> **RECORDS FOR THE EXERCISE**:
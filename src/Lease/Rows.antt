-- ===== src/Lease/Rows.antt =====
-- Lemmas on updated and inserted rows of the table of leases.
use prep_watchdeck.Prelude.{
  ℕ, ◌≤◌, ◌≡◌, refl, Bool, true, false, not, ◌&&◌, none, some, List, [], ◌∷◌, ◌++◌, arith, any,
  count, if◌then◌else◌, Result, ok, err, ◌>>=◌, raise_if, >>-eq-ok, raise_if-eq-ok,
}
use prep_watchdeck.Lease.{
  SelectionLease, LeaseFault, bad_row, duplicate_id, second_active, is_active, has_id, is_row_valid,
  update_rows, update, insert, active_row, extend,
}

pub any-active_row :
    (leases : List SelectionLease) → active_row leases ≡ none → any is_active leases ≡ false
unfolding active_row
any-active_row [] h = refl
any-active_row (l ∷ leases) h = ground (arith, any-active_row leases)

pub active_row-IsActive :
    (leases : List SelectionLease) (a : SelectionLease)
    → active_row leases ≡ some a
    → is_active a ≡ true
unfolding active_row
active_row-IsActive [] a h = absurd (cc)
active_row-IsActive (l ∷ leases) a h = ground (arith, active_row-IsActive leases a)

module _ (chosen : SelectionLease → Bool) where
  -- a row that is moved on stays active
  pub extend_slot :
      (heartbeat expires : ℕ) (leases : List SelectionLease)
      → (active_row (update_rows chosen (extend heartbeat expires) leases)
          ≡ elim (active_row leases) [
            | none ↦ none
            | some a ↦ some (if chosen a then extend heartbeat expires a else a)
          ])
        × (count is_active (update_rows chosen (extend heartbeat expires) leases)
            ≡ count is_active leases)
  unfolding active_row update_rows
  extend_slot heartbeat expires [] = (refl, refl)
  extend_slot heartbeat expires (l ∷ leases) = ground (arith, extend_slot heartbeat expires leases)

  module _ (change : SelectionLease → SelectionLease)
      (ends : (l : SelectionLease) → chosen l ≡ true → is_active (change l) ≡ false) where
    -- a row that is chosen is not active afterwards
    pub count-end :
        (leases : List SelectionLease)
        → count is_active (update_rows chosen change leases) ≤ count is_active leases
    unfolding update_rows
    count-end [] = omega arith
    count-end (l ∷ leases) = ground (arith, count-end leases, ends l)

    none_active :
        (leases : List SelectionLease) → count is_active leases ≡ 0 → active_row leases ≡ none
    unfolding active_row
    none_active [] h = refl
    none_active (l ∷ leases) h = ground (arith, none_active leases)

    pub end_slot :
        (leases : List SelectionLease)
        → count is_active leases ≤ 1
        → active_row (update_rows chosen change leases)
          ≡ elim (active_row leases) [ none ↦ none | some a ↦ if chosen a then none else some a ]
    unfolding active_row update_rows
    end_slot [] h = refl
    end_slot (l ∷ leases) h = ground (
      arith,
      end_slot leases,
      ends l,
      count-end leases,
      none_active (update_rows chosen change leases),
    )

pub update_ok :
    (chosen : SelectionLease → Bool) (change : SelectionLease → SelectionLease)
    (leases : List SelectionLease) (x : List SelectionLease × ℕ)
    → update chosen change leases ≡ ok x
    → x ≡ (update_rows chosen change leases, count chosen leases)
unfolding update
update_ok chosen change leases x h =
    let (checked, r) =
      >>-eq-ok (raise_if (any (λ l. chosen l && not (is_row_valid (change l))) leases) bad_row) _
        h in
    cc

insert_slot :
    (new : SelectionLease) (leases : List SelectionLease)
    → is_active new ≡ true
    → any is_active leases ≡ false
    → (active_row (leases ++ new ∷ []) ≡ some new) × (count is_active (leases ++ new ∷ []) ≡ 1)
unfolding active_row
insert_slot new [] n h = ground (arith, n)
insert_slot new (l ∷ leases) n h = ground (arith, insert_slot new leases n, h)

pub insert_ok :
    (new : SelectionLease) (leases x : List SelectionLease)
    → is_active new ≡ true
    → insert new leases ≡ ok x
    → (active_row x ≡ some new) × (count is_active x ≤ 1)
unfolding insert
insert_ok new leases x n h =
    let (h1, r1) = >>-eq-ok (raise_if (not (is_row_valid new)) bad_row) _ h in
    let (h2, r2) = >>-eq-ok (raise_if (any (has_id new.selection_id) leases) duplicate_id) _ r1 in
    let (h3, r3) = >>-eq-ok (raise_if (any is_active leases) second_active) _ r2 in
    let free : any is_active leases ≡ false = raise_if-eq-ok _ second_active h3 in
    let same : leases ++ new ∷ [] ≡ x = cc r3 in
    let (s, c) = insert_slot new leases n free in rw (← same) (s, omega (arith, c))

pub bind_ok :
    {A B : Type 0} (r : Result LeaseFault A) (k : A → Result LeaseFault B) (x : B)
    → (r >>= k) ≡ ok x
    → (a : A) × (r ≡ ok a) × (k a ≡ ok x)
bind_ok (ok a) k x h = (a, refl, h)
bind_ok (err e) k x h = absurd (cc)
==
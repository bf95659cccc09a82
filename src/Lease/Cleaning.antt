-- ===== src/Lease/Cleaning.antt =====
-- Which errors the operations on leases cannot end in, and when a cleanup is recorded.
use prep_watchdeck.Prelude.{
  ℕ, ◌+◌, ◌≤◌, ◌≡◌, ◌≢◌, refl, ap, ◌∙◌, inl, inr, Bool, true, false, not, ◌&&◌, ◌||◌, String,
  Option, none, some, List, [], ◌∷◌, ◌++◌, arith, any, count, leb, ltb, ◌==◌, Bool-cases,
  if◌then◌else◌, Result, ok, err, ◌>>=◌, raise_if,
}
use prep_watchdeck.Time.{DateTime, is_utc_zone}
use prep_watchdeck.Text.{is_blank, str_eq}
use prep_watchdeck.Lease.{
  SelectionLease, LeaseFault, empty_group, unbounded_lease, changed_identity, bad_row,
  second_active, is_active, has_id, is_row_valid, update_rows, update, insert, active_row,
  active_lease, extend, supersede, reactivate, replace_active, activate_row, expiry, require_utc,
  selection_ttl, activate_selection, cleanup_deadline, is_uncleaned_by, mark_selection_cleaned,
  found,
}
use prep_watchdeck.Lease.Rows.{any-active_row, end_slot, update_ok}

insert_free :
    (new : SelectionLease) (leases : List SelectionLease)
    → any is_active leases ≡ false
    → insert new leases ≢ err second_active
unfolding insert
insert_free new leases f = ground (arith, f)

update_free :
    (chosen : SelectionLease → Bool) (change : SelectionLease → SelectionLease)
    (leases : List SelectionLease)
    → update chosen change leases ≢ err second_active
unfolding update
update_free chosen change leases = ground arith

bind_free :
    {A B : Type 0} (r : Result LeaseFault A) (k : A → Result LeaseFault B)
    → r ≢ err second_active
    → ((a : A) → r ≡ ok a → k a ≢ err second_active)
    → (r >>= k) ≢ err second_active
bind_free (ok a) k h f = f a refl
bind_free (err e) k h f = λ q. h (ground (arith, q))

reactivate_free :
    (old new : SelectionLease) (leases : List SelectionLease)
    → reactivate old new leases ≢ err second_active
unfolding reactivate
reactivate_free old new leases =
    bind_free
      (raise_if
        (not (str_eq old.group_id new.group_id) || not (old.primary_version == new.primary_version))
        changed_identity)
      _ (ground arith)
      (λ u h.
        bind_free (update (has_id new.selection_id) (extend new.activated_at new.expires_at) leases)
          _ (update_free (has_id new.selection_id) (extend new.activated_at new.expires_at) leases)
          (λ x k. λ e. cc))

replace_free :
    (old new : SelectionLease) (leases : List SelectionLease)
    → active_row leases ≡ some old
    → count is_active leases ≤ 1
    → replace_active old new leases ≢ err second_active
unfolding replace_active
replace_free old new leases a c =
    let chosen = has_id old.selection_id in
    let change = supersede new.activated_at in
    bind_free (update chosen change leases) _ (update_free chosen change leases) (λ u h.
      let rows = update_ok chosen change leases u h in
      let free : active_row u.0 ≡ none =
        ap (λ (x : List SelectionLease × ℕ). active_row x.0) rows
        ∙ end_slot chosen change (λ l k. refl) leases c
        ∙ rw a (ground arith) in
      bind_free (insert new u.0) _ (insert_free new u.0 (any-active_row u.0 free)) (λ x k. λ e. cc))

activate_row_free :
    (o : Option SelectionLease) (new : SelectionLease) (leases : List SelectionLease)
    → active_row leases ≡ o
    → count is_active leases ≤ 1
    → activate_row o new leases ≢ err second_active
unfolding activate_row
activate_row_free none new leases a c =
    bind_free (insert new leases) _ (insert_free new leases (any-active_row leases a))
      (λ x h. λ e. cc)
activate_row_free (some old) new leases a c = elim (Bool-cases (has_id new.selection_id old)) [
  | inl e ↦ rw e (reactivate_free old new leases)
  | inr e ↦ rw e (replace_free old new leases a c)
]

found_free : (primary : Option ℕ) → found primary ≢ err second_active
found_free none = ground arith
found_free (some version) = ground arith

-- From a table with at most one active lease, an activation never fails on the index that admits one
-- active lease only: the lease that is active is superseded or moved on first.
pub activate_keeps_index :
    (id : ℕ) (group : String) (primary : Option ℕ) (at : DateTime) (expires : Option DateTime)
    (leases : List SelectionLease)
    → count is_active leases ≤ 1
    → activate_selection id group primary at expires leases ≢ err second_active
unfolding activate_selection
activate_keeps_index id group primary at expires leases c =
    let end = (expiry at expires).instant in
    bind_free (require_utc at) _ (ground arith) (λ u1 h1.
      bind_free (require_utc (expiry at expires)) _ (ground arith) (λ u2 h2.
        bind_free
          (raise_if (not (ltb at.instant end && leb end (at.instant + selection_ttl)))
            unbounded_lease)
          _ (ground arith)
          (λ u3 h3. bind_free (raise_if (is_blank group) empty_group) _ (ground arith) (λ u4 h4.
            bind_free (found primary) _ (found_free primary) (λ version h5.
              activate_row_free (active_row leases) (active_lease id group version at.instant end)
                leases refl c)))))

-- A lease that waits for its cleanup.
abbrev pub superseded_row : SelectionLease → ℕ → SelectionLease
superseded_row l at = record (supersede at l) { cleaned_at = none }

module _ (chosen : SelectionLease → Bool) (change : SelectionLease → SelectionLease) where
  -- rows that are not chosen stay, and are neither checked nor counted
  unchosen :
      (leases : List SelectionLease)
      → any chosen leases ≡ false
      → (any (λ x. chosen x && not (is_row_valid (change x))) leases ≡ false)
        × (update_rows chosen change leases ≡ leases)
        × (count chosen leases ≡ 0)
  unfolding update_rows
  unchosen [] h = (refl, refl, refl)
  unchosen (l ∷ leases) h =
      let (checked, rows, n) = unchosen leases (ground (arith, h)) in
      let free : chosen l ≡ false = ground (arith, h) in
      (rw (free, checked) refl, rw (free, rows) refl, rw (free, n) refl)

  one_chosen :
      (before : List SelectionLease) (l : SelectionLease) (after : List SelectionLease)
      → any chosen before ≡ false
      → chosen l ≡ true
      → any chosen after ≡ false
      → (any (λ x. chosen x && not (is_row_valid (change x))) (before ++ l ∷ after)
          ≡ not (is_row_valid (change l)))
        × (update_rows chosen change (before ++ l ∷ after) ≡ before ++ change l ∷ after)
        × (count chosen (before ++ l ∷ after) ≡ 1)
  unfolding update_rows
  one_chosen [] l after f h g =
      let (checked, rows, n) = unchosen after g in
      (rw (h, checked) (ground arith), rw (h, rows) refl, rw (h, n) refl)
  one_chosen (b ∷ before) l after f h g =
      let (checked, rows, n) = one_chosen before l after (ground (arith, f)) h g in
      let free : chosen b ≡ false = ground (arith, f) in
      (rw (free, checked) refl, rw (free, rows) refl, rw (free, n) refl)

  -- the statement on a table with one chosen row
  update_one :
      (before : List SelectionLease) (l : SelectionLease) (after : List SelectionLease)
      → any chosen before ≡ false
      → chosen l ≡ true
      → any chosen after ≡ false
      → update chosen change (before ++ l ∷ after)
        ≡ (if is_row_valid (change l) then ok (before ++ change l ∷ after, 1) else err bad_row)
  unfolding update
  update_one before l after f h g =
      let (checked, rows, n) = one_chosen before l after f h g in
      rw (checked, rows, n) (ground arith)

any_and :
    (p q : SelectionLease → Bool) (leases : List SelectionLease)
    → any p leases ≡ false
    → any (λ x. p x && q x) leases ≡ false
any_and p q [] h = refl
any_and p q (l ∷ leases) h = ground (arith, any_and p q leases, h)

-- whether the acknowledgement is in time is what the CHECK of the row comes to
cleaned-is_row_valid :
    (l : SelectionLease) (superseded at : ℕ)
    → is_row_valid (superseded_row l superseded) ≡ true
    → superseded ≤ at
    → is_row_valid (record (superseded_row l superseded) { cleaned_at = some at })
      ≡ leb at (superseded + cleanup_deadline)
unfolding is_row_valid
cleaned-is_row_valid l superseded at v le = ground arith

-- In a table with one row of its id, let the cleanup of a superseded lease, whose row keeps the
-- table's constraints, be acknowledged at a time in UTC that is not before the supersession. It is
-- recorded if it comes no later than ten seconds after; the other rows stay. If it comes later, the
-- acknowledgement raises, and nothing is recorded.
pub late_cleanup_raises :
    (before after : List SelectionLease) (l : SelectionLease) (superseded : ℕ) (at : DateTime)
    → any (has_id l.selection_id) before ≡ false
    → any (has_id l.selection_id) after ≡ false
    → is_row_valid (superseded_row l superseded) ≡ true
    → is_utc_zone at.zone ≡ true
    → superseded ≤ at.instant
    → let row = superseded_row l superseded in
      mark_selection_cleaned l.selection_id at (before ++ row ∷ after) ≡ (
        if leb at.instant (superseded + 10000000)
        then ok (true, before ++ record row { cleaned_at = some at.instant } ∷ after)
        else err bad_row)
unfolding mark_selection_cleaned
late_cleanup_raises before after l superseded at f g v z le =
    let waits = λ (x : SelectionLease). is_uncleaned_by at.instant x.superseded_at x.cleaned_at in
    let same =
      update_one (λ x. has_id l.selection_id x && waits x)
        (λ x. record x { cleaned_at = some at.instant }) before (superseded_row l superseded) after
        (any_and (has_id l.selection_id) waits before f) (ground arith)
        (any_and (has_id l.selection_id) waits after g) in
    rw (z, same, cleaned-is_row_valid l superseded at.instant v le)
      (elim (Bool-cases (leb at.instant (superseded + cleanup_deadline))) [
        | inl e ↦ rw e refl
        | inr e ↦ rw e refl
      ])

> **WHAT TO DO**:
Copy only this part of the entries above: the line with "unfolding is_row_valid", the line with "(elim (Bool-cases (leb", and the lines between, all exactly as written.

> **TASK RESPONSE**:
unfolding is_row_valid
cleaned-is_row_valid l superseded at v le = ground arith

-- In a table with one row of its id, let the cleanup of a superseded lease, whose row keeps the
-- table's constraints, be acknowledged at a time in UTC that is not before the supersession. It is
-- recorded if it comes no later than ten seconds after; the other rows stay. If it comes later, the
-- acknowledgement raises, and nothing is recorded.
pub late_cleanup_raises :
    (before after : List SelectionLease) (l : SelectionLease) (superseded : ℕ) (at : DateTime)
    → any (has_id l.selection_id) before ≡ false
    → any (has_id l.selection_id) after ≡ false
    → is_row_valid (superseded_row l superseded) ≡ true
    → is_utc_zone at.zone ≡ true
    → superseded ≤ at.instant
    → let row = superseded_row l superseded in
      mark_selection_cleaned l.selection_id at (before ++ row ∷ after) ≡ (
        if leb at.instant (superseded + 10000000)
        then ok (true, before ++ record row { cleaned_at = some at.instant } ∷ after)
        else err bad_row)
unfolding mark_selection_cleaned
late_cleanup_raises before after l superseded at f g v z le =
    let waits = λ (x : SelectionLease). is_uncleaned_by at.instant x.superseded_at x.cleaned_at in
    let same =
      update_one (λ x. has_id l.selection_id x && waits x)
        (λ x. record x { cleaned_at = some at.instant }) before (superseded_row l superseded) after
        (any_and (has_id l.selection_id) waits before f) (ground arith)
        (any_and (has_id l.selection_id) waits after g) in
    rw (z, same, cleaned-is_row_valid l superseded at.instant v le)
      (elim (Bool-cases (leb at.instant (superseded + cleanup_deadline))) [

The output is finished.